Por la Patria y la Tradición

Por la Patria y la Tradición

Hay en esta piadosa institución, alianza hermosa de la Fe y de la Patria, un venero abundantísimo de aguas vivas para saciar la sed de los pensadores, de los cristianos, de los tradicionalistas. En ella, como en todos los pensamientos grandes y generosos, se encuentra la solución de problemas que ni siquiera se sospechaban, ni mucho menos pretendían al fundarla, porque se fundó como una afirmación solemne y rotunda de nuestro enlace con los pasados, de nuestra identidad con sus obras, con sus empresas y con sus sacrificios; de la sublime herencia que recogimos y guardamos de sus ejemplos y sus amores; herencia que nos ha sido legada por ministerio de la Religión y del Derecho.

Los ojos que contemplan tristemente las presentes ignominias, las farsas y el envilecimiento de ahora, vuélvense amorosos a mirar la Tradición, de la misma manera que en las casas grandes, venidas a menos, halla el corazón de sus moradores consuelo y orgullo en la grandeza de sus antepasados. Es este un sentimiento tan humano, que vanamente intentarán arrancar de los hombres. Sentimiento que no sólo afecta a los individuos interesados, sino que a los extraños se impone con fuerza irresistible. Ni cuando mueren los individuos, ni cuando mueren las naciones, mueren del todo. A través del sepulcro se prolonga la vida anterior, irradiándose en los sucesores, o con su gloria o con su ignominia, de las que nadie puede sustraerse. La paternidad no se pierde con la vida efímera de una generación, ni la sociabilidad se limita a los que viven.
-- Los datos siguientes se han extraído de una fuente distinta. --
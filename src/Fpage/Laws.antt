-- ===== src/Fpage/Laws.antt =====
-- Flexpages and the messages that carry them, include/l4/fpage.h, space.h and ipc.h.
use bradyp_os.Base.{
  ap, ◌∙◌, ℕ, ◌+◌, ◌-◌, ◌*◌, ◌%◌, ◌^◌, ◌≤◌, ◌<◌, ◌≡◌, ◌⊎◌, refl, some, zero, suc, ltb, lt_of_test,
  ge_of_test, Bool-cases, inl, inr, arith,
}
use native.Mathlib.Nat.{pow-le-pow_right}
use bradyp_os.Fpage.{
  Fpage, raw, of_raw, shifted_one, size, grant_item, grant_item_snd_fpage, grant_item_snd_base,
  fpage,
}

-- The fields fit their bits.
pub record IsWord (f : Fpage) : Type 0 where
  pub perm_fits : f.perm < 16
  pub s_fits : f.s < 64
  pub b_fits : f.b < 2 ^ 22

-- A flexpage whose fields fit comes back from its word and from a grant item, and the item gives back
-- a base that is a multiple of 512.
pub grant_item_roundtrip :
    (f : Fpage) (page : ℕ)
    → IsWord f
    → page < 2 ^ 22
    → (of_raw (raw f) ≡ f)
      × (grant_item_snd_fpage (grant_item f (page * 512)) ≡ f)
      × (grant_item_snd_base (grant_item f (page * 512)) ≡ page * 512)
unfolding of_raw raw grant_item grant_item_snd_fpage grant_item_snd_base
grant_item_roundtrip f page w p = ground arith

-- A shift of a size field of at most 22 is defined.
pub shifted_one-small : (k : ℕ) → k < 23 → shifted_one (k + 9) ≡ some (2 ^ (k + 9))
unfolding shifted_one
shifted_one-small k h = ground (arith, h)

pub pow_pos : (k : ℕ) → 0 < 2 ^ k
pow_pos k =
    let ge : 2 ^ 0 ≤ 2 ^ k = pow-le-pow_right {n = 2} (omega arith) {i = 0} {j = k} (omega arith) in
    omega (arith, ge)

-- A word has `n` leading zeros.
abbrev pub LeadingZeros : ℕ → ℕ → Type 0
LeadingZeros n v = (n < 32) × (2 ^ (31 - n) ≤ v) × (v < 2 ^ (32 - n))

few_zeros : (n v : ℕ) → 512 ≤ v → v < 2 ^ (32 - n) → n < 23
few_zeros n v h k = elim (Bool-cases (ltb n 23)) [
  | inl few ↦ lt_of_test n 23 few
  | inr many ↦
      let le : 2 ^ (32 - n) ≤ 2 ^ 9 =
        pow-le-pow_right {n = 2} (omega arith) {i = 32 - n} {j = 9}
          (omega (arith, ge_of_test n 23 many)) in
      absurd (omega (arith, le))
]

-- 18 digits more.
pow_quotient : (n : ℕ) → n < 5 → 2 ^ (4 - n + 9) * 2 ^ 18 ≡ 2 ^ (31 - n)
pow_quotient zero h = refl
pow_quotient (suc zero) h = refl
pow_quotient (suc (suc zero)) h = refl
pow_quotient (suc (suc (suc zero))) h = refl
pow_quotient (suc (suc (suc (suc zero)))) h = refl
pow_quotient (suc (suc (suc (suc (suc n))))) h = absurd (omega (arith, h))

module _ (clz : ℕ → ℕ) (base v : ℕ) where
  fpage_field : (fpage clz base v).s ≡ (4 + 2 ^ 32 - clz v) % 2 ^ 32 % 64
  unfolding fpage
  fpage_field = refl

  large_field : clz v < 5 → (fpage clz base v).s ≡ 4 - clz v
  large_field h = omega (arith, h, fpage_field)

  large_size : clz v < 5 → size (fpage clz base v) ≡ some (2 ^ (4 - clz v + 9))
  unfolding size
  large_size h =
      ap (λ s. shifted_one (s + 9)) (large_field h) ∙ shifted_one-small (4 - clz v) (omega arith)

  -- Where `clz` counts the leading zeros of a size of at least a page, as __builtin_clz does, the flexpage
  -- that `L4_fpage` makes does not have this size: below 2 ^ 27 its size field asks `L4_size` for a shift
  -- by 32 or more, which C leaves undefined, and from there on `L4_size` gives at most the size divided by
  -- 2 ^ 18.
  pub size-fpage_wrong :
      LeadingZeros (clz v) v
      → 512 ≤ v
      → ((v < 2 ^ 27) × (32 ≤ (fpage clz base v).s + 9))
        ⊎ ((2 ^ 27 ≤ v) × ((n : ℕ) × (size (fpage clz base v) ≡ some n) × (n * 2 ^ 18 ≤ v)))
  size-fpage_wrong z h = elim (Bool-cases (ltb (clz v) 5)) [
    | inl few ↦
        let small = lt_of_test (clz v) 5 few in
        let least : 2 ^ 27 ≤ 2 ^ (31 - clz v) =
          pow-le-pow_right {n = 2} (omega arith) {i = 27} {j = 31 - clz v} (omega (arith, small)) in
        inr (
          omega (arith, least, z.1),
          (2 ^ (4 - clz v + 9), large_size small, omega (arith, pow_quotient (clz v) small, z.1)),
        )
    | inr many ↦
        let least = ge_of_test (clz v) 5 many in
        let most = few_zeros (clz v) v h z.2 in
        let bound : 2 ^ (32 - clz v) ≤ 2 ^ 27 =
          pow-le-pow_right {n = 2} (omega arith) {i = 32 - clz v} {j = 27} (omega (arith, least)) in
        inl (omega (arith, bound, z.2), omega (arith, fpage_field, least, most))
  ]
Vulgar es la comparación de los árboles que tienen escondidas sus raíces bajo la tierra, y en ellas se sostienen, y por ellas se nutren. Como los árboles son los pueblos. Quitadles la Tradición, y les quitaréis la vida: levantad una muralla que separe el presente del pasado y habréis matado entusiasmos e ilusiones, habréis disuelto la sociedad nacional misma. Recuerdos y esperanzas, Tradición e Ideal, forman la vida de las familias y de las naciones; y aunque parece que los recuerdos ya no son porque fueron y las esperanzas no son todavía porque se refieren a lo por venir, es lo cierto que de unas y otras puede decirse, no que tienen tanto, sino que tienen más valor que las cosas presentes, ya que lo presente es una línea impalpable que huye siempre de nosotros con la rapidez del pensamiento.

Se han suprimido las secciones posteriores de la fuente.